[Dataset excerpts]

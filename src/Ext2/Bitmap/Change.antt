-- ===== src/Ext2/Bitmap/Change.antt =====
-- One bit of a bitmap sector, as `ext2_change_allocated` changes it.
use native.Mathlib.Decide.{ℕ_discrete}
use embext.Base.{◌⊎◌, inl, inr, refl}
use embext.Base.{ℕ, zero, suc, ◌%◌, ◌<◌, ◌≡◌, ◌≢◌, sym, ap, ◌∙◌, Bool, true, false, not, arith}
use embext.Base.{some, List, [], ◌∷◌, length, get_or, set, length-set, get_elem?-eq-get_or}
use embext.Base.{get_or-set_self, get_or-set_ne, set-set, set-get_or, if◌then◌else◌}
use embext.Bytes.{AreBytes}
use embext.Driver.{ok, failed}
use embext.Ext2.Bitmap.{test_bit, set_bit, clear_bit, byte_index, change_bit}
use embext.Ext2.Bitmap.Bits.{BitLaws, bit_laws, other_bit_laws}

-- Bit `n` of a bitmap, in the sector of the bitmap that holds it.
abbrev pub bit_of : List ℕ → ℕ → Bool
bit_of sysbuf n = test_bit (get_or sysbuf (byte_index n) 0) (n % 8)

-- `after` is `before` with bit `n` equal to `value`, and every other bit of the sector as it was.
pub record Changed (value : Bool) (n : ℕ) (before after : List ℕ) : Type 0 where
  pub sized : length after ≡ 512
  pub bytes : AreBytes after
  pub changed : bit_of after n ≡ value
  pub others : (m : ℕ) → m % 4096 ≢ n % 4096 → bit_of after m ≡ bit_of before m

get_or-lt : (bs : List ℕ) (i : ℕ) → AreBytes bs → get_or bs i 0 < 256
get_or-lt [] i h = omega arith
get_or-lt (b ∷ bs) zero h = h.0
get_or-lt (b ∷ bs) (suc i) h = get_or-lt bs i h.1

AreBytes-set : (bs : List ℕ) (i v : ℕ) → AreBytes bs → v < 256 → AreBytes (set bs i v)
AreBytes-set [] i v h lt = h
AreBytes-set (b ∷ bs) zero v h lt = (lt, h.1)
AreBytes-set (b ∷ bs) (suc i) v h lt = (h.0, AreBytes-set bs i v h.1 lt)

-- The byte with the bit made equal to a value.
abbrev new_byte_of : ℕ → ℕ → Bool → ℕ
new_byte_of byte bit value = if value then set_bit byte bit else clear_bit byte bit

module _ (n : ℕ) (sysbuf : List ℕ) (sized : length sysbuf ≡ 512) (bytes : AreBytes sysbuf) where
  abbrev byte : ℕ
  byte = get_or sysbuf (byte_index n) 0

  abbrev with_byte : ℕ → List ℕ
  with_byte v = set sysbuf (byte_index n) v

  in_sector : byte_index n < length sysbuf
  in_sector = omega arith

  laws : BitLaws byte (n % 8)
  laws = bit_laws byte (n % 8) (get_or-lt sysbuf (byte_index n) bytes) (omega arith)

  -- The new value of the byte.
  abbrev new_byte : Bool → ℕ
  new_byte value = new_byte_of byte (n % 8) value

  change_bit-cases :
      (value : Bool)
      → change_bit value n sysbuf ≡ (
          if test_bit byte (n % 8)
          then if value then some failed else some (ok (with_byte (new_byte false)))
          else if value
          then some (ok (with_byte (new_byte true)))
          else some failed)
  unfolding change_bit
  change_bit-cases value = rw (get_elem?-eq-get_or sysbuf (byte_index n) 0 in_sector, change_bit)

  change_bit-same :
      (value : Bool) → bit_of sysbuf n ≡ value → change_bit value n sysbuf ≡ some failed
  change_bit-same value e = change_bit-cases value ∙ ground (arith, e)

  change_bit-opposite :
      (value : Bool)
      → bit_of sysbuf n ≡ not value
      → change_bit value n sysbuf ≡ some (ok (with_byte (new_byte value)))
  change_bit-opposite true e = change_bit-cases true ∙ ground (arith, e)
  change_bit-opposite false e = change_bit-cases false ∙ ground (arith, e)

  new_byte-lt : (value : Bool) → new_byte value < 256
  new_byte-lt true = laws.set_lt
  new_byte-lt false = laws.clear_lt

  new_byte_test : (value : Bool) → test_bit (new_byte value) (n % 8) ≡ value
  new_byte_test true = laws.set_test
  new_byte_test false = laws.clear_test

  new_byte_other :
      (value : Bool) (other : ℕ)
      → other < 8
      → other ≢ n % 8
      → test_bit (new_byte value) other ≡ test_bit byte other
  new_byte_other true other lt ne =
      (other_bit_laws byte (n % 8) other (get_or-lt sysbuf (byte_index n) bytes) (omega arith) lt
        ne).0
  new_byte_other false other lt ne =
      (other_bit_laws byte (n % 8) other (get_or-lt sysbuf (byte_index n) bytes) (omega arith) lt
        ne).1

  other_bit :
      (value : Bool) (m : ℕ)
      → m % 4096 ≢ n % 4096
      → bit_of (with_byte (new_byte value)) m ≡ bit_of sysbuf m
  other_bit value m ne = elim (ℕ_discrete (byte_index m) (byte_index n)) [
    | yes e ↦
        rw (e, get_or-set_self sysbuf (byte_index n) (new_byte value) 0 in_sector)
          (new_byte_other value (m % 8) (omega arith) (omega arith))
    | no apart ↦
        rw (
          get_or-set_ne sysbuf (byte_index n) (byte_index m) (new_byte value) 0
            (λ e. apart (sym e)))
  ]

  with_byte-Changed : (value : Bool) → Changed value n sysbuf (with_byte (new_byte value))
  with_byte-Changed value = record {
    sized = length-set sysbuf (byte_index n) (new_byte value) ∙ sized;
    bytes = AreBytes-set sysbuf (byte_index n) (new_byte value) bytes (new_byte-lt value);
    changed =
        rw (get_or-set_self sysbuf (byte_index n) (new_byte value) 0 in_sector)
          (new_byte_test value);
    others = λ m ne. other_bit value m ne;
  }

  -- The new byte is the old one but for the bit.
  new_byte_back :
      (value : Bool)
      → test_bit byte (n % 8) ≡ not value
      → new_byte_of (new_byte value) (n % 8) (not value) ≡ byte
  new_byte_back true clear = laws.clear_set clear
  new_byte_back false set_before = laws.set_clear set_before

  -- Changing the bit back writes the old byte where the new one stands.
  restored :
      (value : Bool)
      → bit_of sysbuf n ≡ not value
      → set
          (with_byte (new_byte value))
          (byte_index n)
          (new_byte_of (get_or (with_byte (new_byte value)) (byte_index n) 0) (n % 8) (not value))
        ≡ sysbuf
  restored value opposite =
      rw
        (
          get_or-set_self sysbuf (byte_index n) (new_byte value) 0 in_sector,
          set-set sysbuf (byte_index n) (new_byte value)
              (new_byte_of (new_byte value) (n % 8) (not value)),
          new_byte_back value opposite,
        )
        (set-get_or sysbuf (byte_index n) 0)

-- The two cases of a change.
pub change_bit_branches :
    (value : Bool) (n : ℕ) (sysbuf : List ℕ)
    → length sysbuf ≡ 512
    → AreBytes sysbuf
    → (bit_of sysbuf n ≡ value → change_bit value n sysbuf ≡ some failed)
      × (bit_of sysbuf n ≡ not value
          → (after : List ℕ) × (change_bit value n sysbuf ≡ some (ok after))
            × Changed value n sysbuf after
            × (change_bit (not value) n after ≡ some (ok sysbuf)))
change_bit_branches value n sysbuf sized bytes = (
  change_bit-same n sysbuf sized bytes value,
  λ opposite. (
    changed,
    change_bit-opposite n sysbuf sized bytes value opposite,
    after,
    change_bit-opposite n changed after.sized after.bytes (not value)
          (after.changed ∙ sym (not-not value))
        ∙ ap (λ l. some (ok l)) (restored n sysbuf sized bytes value opposite),
  ),
)
  where
    changed : List ℕ
    changed = with_byte n sysbuf sized bytes (new_byte n sysbuf sized bytes value)

    after : Changed value n sysbuf changed
    after = with_byte-Changed n sysbuf sized bytes value

    not-not : (b : Bool) → not (not b) ≡ b
    not-not b = ground arith

-- A bit that has the value already is refused. Otherwise exactly that bit of the sector is changed
-- to the value, and the opposite change restores the sector.
pub change_bit_lem :
    (value : Bool) (n : ℕ) (sysbuf : List ℕ)
    → length sysbuf ≡ 512
    → AreBytes sysbuf
    → ((bit_of sysbuf n ≡ value) × (change_bit value n sysbuf ≡ some failed))
      ⊎ ((bit_of sysbuf n ≡ not value)
          × (after : List ℕ) × (change_bit value n sysbuf ≡ some (ok after))
          × Changed value n sysbuf after
          × (change_bit (not value) n after ≡ some (ok sysbuf)))
change_bit_lem value n sysbuf sized bytes =
    let cases = change_bit_branches value n sysbuf sized bytes in
    elim (same_or_not (bit_of sysbuf n) value) [
      | inl same ↦ inl (same, cases.0 same)
      | inr opposite ↦
          let (after, changes, changed, undone) = cases.1 opposite in
          inr (opposite, after, changes, changed, undone)
    ]
  where
    same_or_not : (a b : Bool) → (a ≡ b) ⊎ (a ≡ not b)
    same_or_not true true = inl refl
    same_or_not true false = inr refl
    same_or_not false true = inr refl
    same_or_not false false = inl refl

[EXERCISE DIRECTIONS] Each line of the entries above that includes the string "Base" should be copied out.

[TASK RESPONSE]
use embext.Base.{◌⊎◌, inl, inr, refl}
use embext.Base.{ℕ, zero, suc, ◌%◌, ◌<◌, ◌≡◌, ◌≢◌, sym, ap, ◌∙◌, Bool, true, false, not, arith}
use embext.Base.{some, List, [], ◌∷◌, length, get_or, set, length-set, get_elem?-eq-get_or}
use embext.Base.{get_or-set_self, get_or-set_ne, set-set, set-get_or, if◌then◌else◌}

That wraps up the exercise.